*** Records for the task ***
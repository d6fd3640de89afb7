-- ===== src/Components/Copied.antt =====
-- The buttons that copy a text, and the mark that they show for two seconds: a message of
-- src/frontend/src/components/inputs/chat-messages.tsx, and the join commands of
-- src/frontend/src/components/inputs/join-command.tsx. A timer of an effect is pending or not; React runs
-- an effect anew when the state that it depends on has changed.
pub mod Marks
use Prim.Native.Nat.{zero, suc, ◌<◌, ◌≤◌, max, min}
use swarm_engine.Prelude.{
  ℕ, ◌+◌, ◌-◌, ◌*◌, ◌/◌, ◌%◌, String, ◌≡◌, refl, sym, ap, ap₂, subst, ◌∙◌, fun_ext, ◌≢◌, ◌↔◌, ◌⊎◌,
  inl, inr, Bool, true, false, not, ◌&&◌, ◌||◌, Option, none, some, List, [], ◌∷◌, ◌++◌, map,
  append-nil, append_assoc, arith, ltb, leb, ◌==◌, if◌then◌else◌, ==_iff, ==_refl, Bool-cases,
  Option-cases, some_inj, lt→ltb, ge→ltb, ltb→lt, ltb→ge, length, get_elem?, take, drop,
  length-append, take-append-drop, length-drop, take-length-append, drop-append_add, last?, init,
  last?-append, init-append, init-append-last, any, all, filter, find, find_index, length-map,
}
use swarm_engine.Text.{Str, codes, str_eq, truthy}
use swarm_engine.Cluster.{ClusterInfo}

-- The state of a message: `copied`, the timer of its effect, and what it last wrote to
-- the clipboard.
pub record CopiedState : Type 0 where
  pub copied : Bool
  pub timer : Bool
  pub clipboard : Option Str

-- The first render: the effect starts its timer.
abbrev pub new_copied : CopiedState
new_copied = record { copied = false; timer = true; clipboard = none }

-- `setCopied`; a change runs the effect, which starts its timer anew.
unfoldable set_copied : Bool → CopiedState → CopiedState
set_copied true s = if s.copied then s else record s { copied = true; timer = true }
set_copied false s = if s.copied then record s { copied = false; timer = true } else s

-- `onCopy`
unfoldable on_copy : Str → CopiedState → CopiedState
unfolding set_copied
on_copy content s = set_copied true (record s { clipboard = some content })

-- The end of the timer.
unfoldable on_timer : CopiedState → CopiedState
unfolding set_copied
on_timer s = if s.timer then set_copied false (record s { timer = false }) else s

pub data CopyEvent : Type 0 where
  press_copy : Str → CopyEvent
  timer_ends : CopyEvent

unfoldable copied_step : CopiedState → CopyEvent → CopiedState
unfolding on_copy on_timer
copied_step s (press_copy content) = on_copy content s
copied_step s timer_ends = on_timer s

unfoldable pub copied_run : CopiedState → List CopyEvent → CopiedState
unfolding copied_step
copied_run s [] = s
copied_run s (e ∷ es) = copied_run (copied_step s e) es

-- The title and the icon of the button.
pub record CopyButton : Type 0 where
  pub title : Str
  pub check_icon : Bool

abbrev pub copy_button : CopiedState → CopyButton
copy_button s = record {
  title = if s.copied then codes "Copied!" else codes "Copy";
  check_icon = s.copied;
}

-- The state of the join commands: `copiedKey`, the timer of its effect, and what it last wrote to
-- the clipboard.
pub record JoinState : Type 0 where
  pub copied_key : Option Str
  pub timer : Bool
  pub clipboard : Option Str

abbrev pub new_join : JoinState
new_join = record { copied_key = none; timer = false; clipboard = none }

abbrev is_key : Option Str → Str → Bool
is_key none k = false
is_key (some j) k = str_eq j k

-- `nodeJoinCommand[key]`
unfoldable pub command_of : Str → List (Str × Str) → Option Str
unfolding str_eq
command_of key [] = none
command_of key ((k, v) ∷ rest) = if str_eq k key then some v else command_of key rest

-- `setCopiedKey(key)`: a key that changes runs the effect, which starts a timer for a key that is true.
unfoldable set_copied_key : Str → JoinState → JoinState
unfolding str_eq
set_copied_key key s =
    if is_key s.copied_key key then s else record s { copied_key = some key; timer = truthy key }

-- `copy`, when the clipboard has taken the command, and when it has refused.
unfoldable copy : List (Str × Str) → Str → Bool → JoinState → JoinState
unfolding set_copied_key command_of
copy commands key ok s =
    if ok then set_copied_key key (record s { clipboard = command_of key commands }) else s

pub data JoinEvent : Type 0 where
  copy_key : Str → Bool → JoinEvent
  key_timer_ends : JoinEvent

abbrev end_timer : JoinState → JoinState
end_timer s = if s.timer then record s { copied_key = none; timer = false } else s

unfoldable join_step : List (Str × Str) → JoinState → JoinEvent → JoinState
unfolding copy
join_step commands s (copy_key key ok) = copy commands key ok s
join_step commands s key_timer_ends = end_timer s

unfoldable pub join_run : List (Str × Str) → JoinState → List JoinEvent → JoinState
unfolding join_step
join_run commands s [] = s
join_run commands s (e ∷ es) = join_run commands (join_step commands s e) es

-- `LABEL_MAP[key] || key`
unfoldable join_label : Str → Str
unfolding str_eq
join_label key =
    if str_eq key (codes "linux/mac")
    then codes "Linux/MacOS"
    else if str_eq key (codes "windows")
    then codes "Windows"
    else key

-- A command with its label, and whether its button shows the mark.
pub record JoinItem : Type 0 where
  pub label : Option Str
  pub command : Str
  pub check_icon : Bool

abbrev join_item : Bool → JoinState → Str × Str → JoinItem
join_item labelled s (key, value) = record {
  label = if labelled then some (codes "For " ++ (join_label key ++ codes ":")) else none;
  command = value;
  check_icon = is_key s.copied_key key;
}

-- `JoinCommand`: the labels are shown if there are several commands.
unfoldable pub join_items : ClusterInfo → JoinState → List JoinItem
unfolding join_label str_eq
join_items info s = map (join_item (ltb 1 (length info.node_join_command)) s) info.node_join_command
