-- ===== src/Components/Copied/Marks.antt =====
-- The mark of the copied join command, in src/frontend/src/components/inputs/join-command.tsx.
use swarm_engine.Prelude.{
  ◌≡◌, refl, sym, ap, subst, ◌∙◌, ◌⊎◌, inl, inr, Bool, true, false, Option, none, some, List, [],
  ◌∷◌, Bool-cases, some_inj,
}
use swarm_engine.Text.{Str, str_eq_iff, truthy}
use swarm_engine.Components.Copied.{
  JoinState, new_join, is_key, command_of, set_copied_key, copy, JoinEvent, copy_key,
  key_timer_ends, end_timer, join_step, join_run,
}

-- What the state says of a key that it marks.
abbrev Says : List (Str × Str) → Option Str → Str → Bool → Type 0
Says commands clipboard k timer =
    (clipboard ≡ command_of k commands) × ((truthy k ≡ false) ⊎ (timer ≡ true))

abbrev IsMarked : List (Str × Str) → JoinState → Type 0
IsMarked commands s = (k : Str) → s.copied_key ≡ some k → Says commands s.clipboard k s.timer

ends : (k : Str) → (truthy k ≡ false) ⊎ (truthy k ≡ true)
ends k = elim (Bool-cases (truthy k)) [ inl e ↦ inr e | inr e ↦ inl e ]

key_of : (o : Option Str) (k : Str) → is_key o k ≡ true → o ≡ some k
key_of none k h = cc
key_of (some j) k h = ap some ((str_eq_iff j k).0 h)

module _ (commands : List (Str × Str)) where
  set-IsMarked :
      (key : Str) (s : JoinState)
      → IsMarked commands s
      → IsMarked commands (set_copied_key key (record s { clipboard = command_of key commands }))
  unfolding set_copied_key
  set-IsMarked key s h = elim (Bool-cases (is_key s.copied_key key)) [
    | inl e ↦ rw e (λ k m. (
      ap (λ j. command_of j commands) (some_inj (sym (key_of s.copied_key key e) ∙ m)),
      (h k m).1,
    ))
    | inr e ↦ rw e (λ k m. (
      ap (λ j. command_of j commands) (some_inj m),
      subst (λ j. (truthy j ≡ false) ⊎ (truthy key ≡ true)) (some_inj m) (ends key),
    ))
  ]

  step-IsMarked :
      (s : JoinState) (e : JoinEvent)
      → IsMarked commands s
      → IsMarked commands (join_step commands s e)
  unfolding join_step copy
  step-IsMarked s (copy_key key true) h = set-IsMarked key s h
  step-IsMarked s (copy_key key false) h = h
  step-IsMarked s key_timer_ends h = elim (Bool-cases s.timer) [
    | inl e ↦ rw e (λ k m. absurd (none_key k m))
    | inr e ↦ subst (IsMarked commands) (sym (idle e)) h
  ]
    where
      none_key : (k : Str) → none ≡ some k → ⊥
      none_key k m = cc

      idle : s.timer ≡ false → end_timer s ≡ s
      idle e = rw e refl

  run-IsMarked :
      (es : List JoinEvent) (s : JoinState)
      → IsMarked commands s
      → IsMarked commands (join_run commands s es)
  unfolding join_run
  run-IsMarked [] s h = h
  run-IsMarked (e ∷ es) s h = run-IsMarked es (join_step commands s e) (step-IsMarked s e h)

  -- While the commands stay the same, whatever is pressed and however the clipboard answers, the command
  -- that is marked as copied is the one in the clipboard, and a timer runs that takes its mark away,
  -- unless its key is empty.
  pub mark_tells_clipboard :
      (es : List JoinEvent) (k : Str)
      → (join_run commands new_join es).copied_key ≡ some k
      → ((join_run commands new_join es).clipboard ≡ command_of k commands)
        × ((truthy k ≡ false) ⊎ ((join_run commands new_join es).timer ≡ true))
  mark_tells_clipboard es k = run-IsMarked es new_join start k
    where
      start : IsMarked commands new_join
      start k m = absurd (clash m)
        where
          clash : none ≡ some k → ⊥
          clash m = cc
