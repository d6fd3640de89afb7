-- ===== src/Components/NodeList.antt =====
-- src/frontend/src/components/inputs/node-list.tsx: the rows of the list of nodes, and the text of a node.
pub mod Rows
use Prim.Native.Nat.{zero, suc, ◌<◌, ◌≤◌, max, min}
use swarm_engine.Prelude.{
  ℕ, ◌+◌, ◌-◌, ◌*◌, ◌/◌, ◌%◌, String, ◌≡◌, refl, sym, ap, ap₂, subst, ◌∙◌, fun_ext, ◌≢◌, ◌↔◌, ◌⊎◌,
  inl, inr, Bool, true, false, not, ◌&&◌, ◌||◌, Option, none, some, List, [], ◌∷◌, ◌++◌, map,
  append-nil, append_assoc, arith, ltb, leb, ◌==◌, if◌then◌else◌, ==_iff, ==_refl, Bool-cases,
  Option-cases, some_inj, lt→ltb, ge→ltb, ltb→lt, ltb→ge, length, get_elem?, take, drop,
  length-append, take-append-drop, length-drop, take-length-append, drop-append_add, last?, init,
  last?-append, init-append, init-append-last, any, all, filter, find, find_index, length-map,
}
use swarm_engine.Text.{Str, codes, truthy, join}
use swarm_engine.Cluster.{ClusterStatus, NodeStatus, NodeInfo}

pub data NodeListVariant : Type 0 where
  list menu : NodeListVariant

pub data StatusColor : Type 0 where
  info success error grey : StatusColor

-- `STATUS_COLOR_MAP`
abbrev status_color : NodeStatus → StatusColor
status_color NodeStatus.waiting = info
status_color NodeStatus.available = success
status_color NodeStatus.failed = error

pub data StatusIcon : Type 0 where
  loader check x_mark : StatusIcon

-- `STATUS_ICON_MAP`
abbrev status_icon : NodeStatus → StatusIcon
status_icon NodeStatus.waiting = loader
status_icon NodeStatus.available = check
status_icon NodeStatus.failed = x_mark

abbrev non_empty : List Str → List Str
non_empty ts = filter truthy ts

-- The text of a node: how many of which chip, and how much memory. `show` writes a number.
unfoldable node_label : (ℕ → Str) → NodeInfo → Str
unfolding join
node_label show n = join (codes " ") (
    non_empty (
      (if ltb 1 n.gpu_number then show n.gpu_number ++ codes "x" else [])
      ∷ n.gpu_name
      ∷ (if ltb 0 n.gpu_memory then show n.gpu_memory ++ codes "GB" else [])
      ∷ []))

abbrev shown_color : NodeStatus → StatusColor
shown_color NodeStatus.waiting = grey
shown_color NodeStatus.available = status_color NodeStatus.available
shown_color NodeStatus.failed = status_color NodeStatus.failed

-- What a row shows of its node: its text, and the color and the icon of its status, or no node yet. In the
-- menu the icon is a circle. A node that has failed is dimmed, and one that waits turns.
pub record NodeView : Type 0 where
  pub label : Option Str
  pub color : StatusColor
  pub icon : Option StatusIcon
  pub dimmed : Bool
  pub spins : Bool

abbrev icon_in : NodeListVariant → StatusIcon → Option StatusIcon
icon_in list i = some i
icon_in menu i = none

abbrev has_failed : NodeStatus → Bool
has_failed NodeStatus.failed = true
has_failed _ = false

abbrev still_waits : NodeStatus → Bool
still_waits NodeStatus.waiting = true
still_waits _ = false

-- `Node`, with its node and with none
unfoldable node_view : (ℕ → Str) → NodeListVariant → Option NodeInfo → NodeView
unfolding node_label
node_view show v none = record {
  label = none;
  color = grey;
  icon = none;
  dimmed = false;
  spins = false;
}
node_view show v (some n) = record {
  label = some (node_label show n);
  color = shown_color n.status;
  icon = icon_in v (status_icon n.status);
  dimmed = has_failed n.status;
  spins = still_waits n.status;
}

-- What the list shows: dashes, nodes, and places for the nodes that are to come.
pub data Row : Type 0 where
  dash : Bool → Row
  node_row : NodeInfo → Row
  placeholder : Row

-- `dashIndex > 0 && <Dash/>`
abbrev dash_if : Bool → ℕ → List Row
dash_if generating zero = []
dash_if generating (suc i) = dash generating ∷ []

-- `renderDash`, with the counter: the first call shows none.
unfoldable render_dash : NodeListVariant → Bool → ℕ → List Row × ℕ
render_dash list generating i = ([], i)
render_dash menu generating i = (dash_if generating i, suc i)

-- The rows in turn, each behind its dash.
unfoldable render_rows : NodeListVariant → Bool → List Row → ℕ → List Row
unfolding render_dash
render_rows v generating [] i = []
render_rows v generating (r ∷ rs) i =
    let (d, j) = render_dash v generating i in d ++ r ∷ render_rows v generating rs j

unfoldable pub placeholders : ℕ → List Row
placeholders zero = []
placeholders (suc n) = placeholder ∷ placeholders n

abbrev cluster_idle : ClusterStatus → Bool
cluster_idle ClusterStatus.idle = true
cluster_idle _ = false

-- How many nodes are to come.
unfoldable missing_nodes : ClusterStatus → ℕ → ℕ → ℕ
missing_nodes c expected present =
    if not (cluster_idle c) && ltb present expected then expected - present else 0

-- `NodeList`
unfoldable pub node_list : NodeListVariant → Bool → ClusterStatus → ℕ → List NodeInfo → List Row
unfolding render_rows placeholders missing_nodes
node_list v generating c expected nodes =
    render_rows v generating
      (map node_row nodes ++ placeholders (missing_nodes c expected (length nodes))) 0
*** End of Records for the task ***
[Your assignment]: From the entries above, extract every line where the word "truthy" appears.

[Result of this task]:
use swarm_engine.Text.{Str, codes, str_eq, truthy}
    if is_key s.copied_key key then s else record s { copied_key = some key; timer = truthy key }
use swarm_engine.Text.{Str, str_eq_iff, truthy}
    (clipboard ≡ command_of k commands) × ((truthy k ≡ false) ⊎ (timer ≡ true))
ends : (k : Str) → (truthy k ≡ false) ⊎ (truthy k ≡ true)
ends k = elim (Bool-cases (truthy k)) [ inl e ↦ inr e | inr e ↦ inl e ]
      subst (λ j. (truthy j ≡ false) ⊎ (truthy key ≡ true)) (some_inj m) (ends key),
        × ((truthy k ≡ false) ⊎ ((join_run commands new_join es).timer ≡ true))
use swarm_engine.Text.{Str, codes, truthy, join}
non_empty ts = filter truthy ts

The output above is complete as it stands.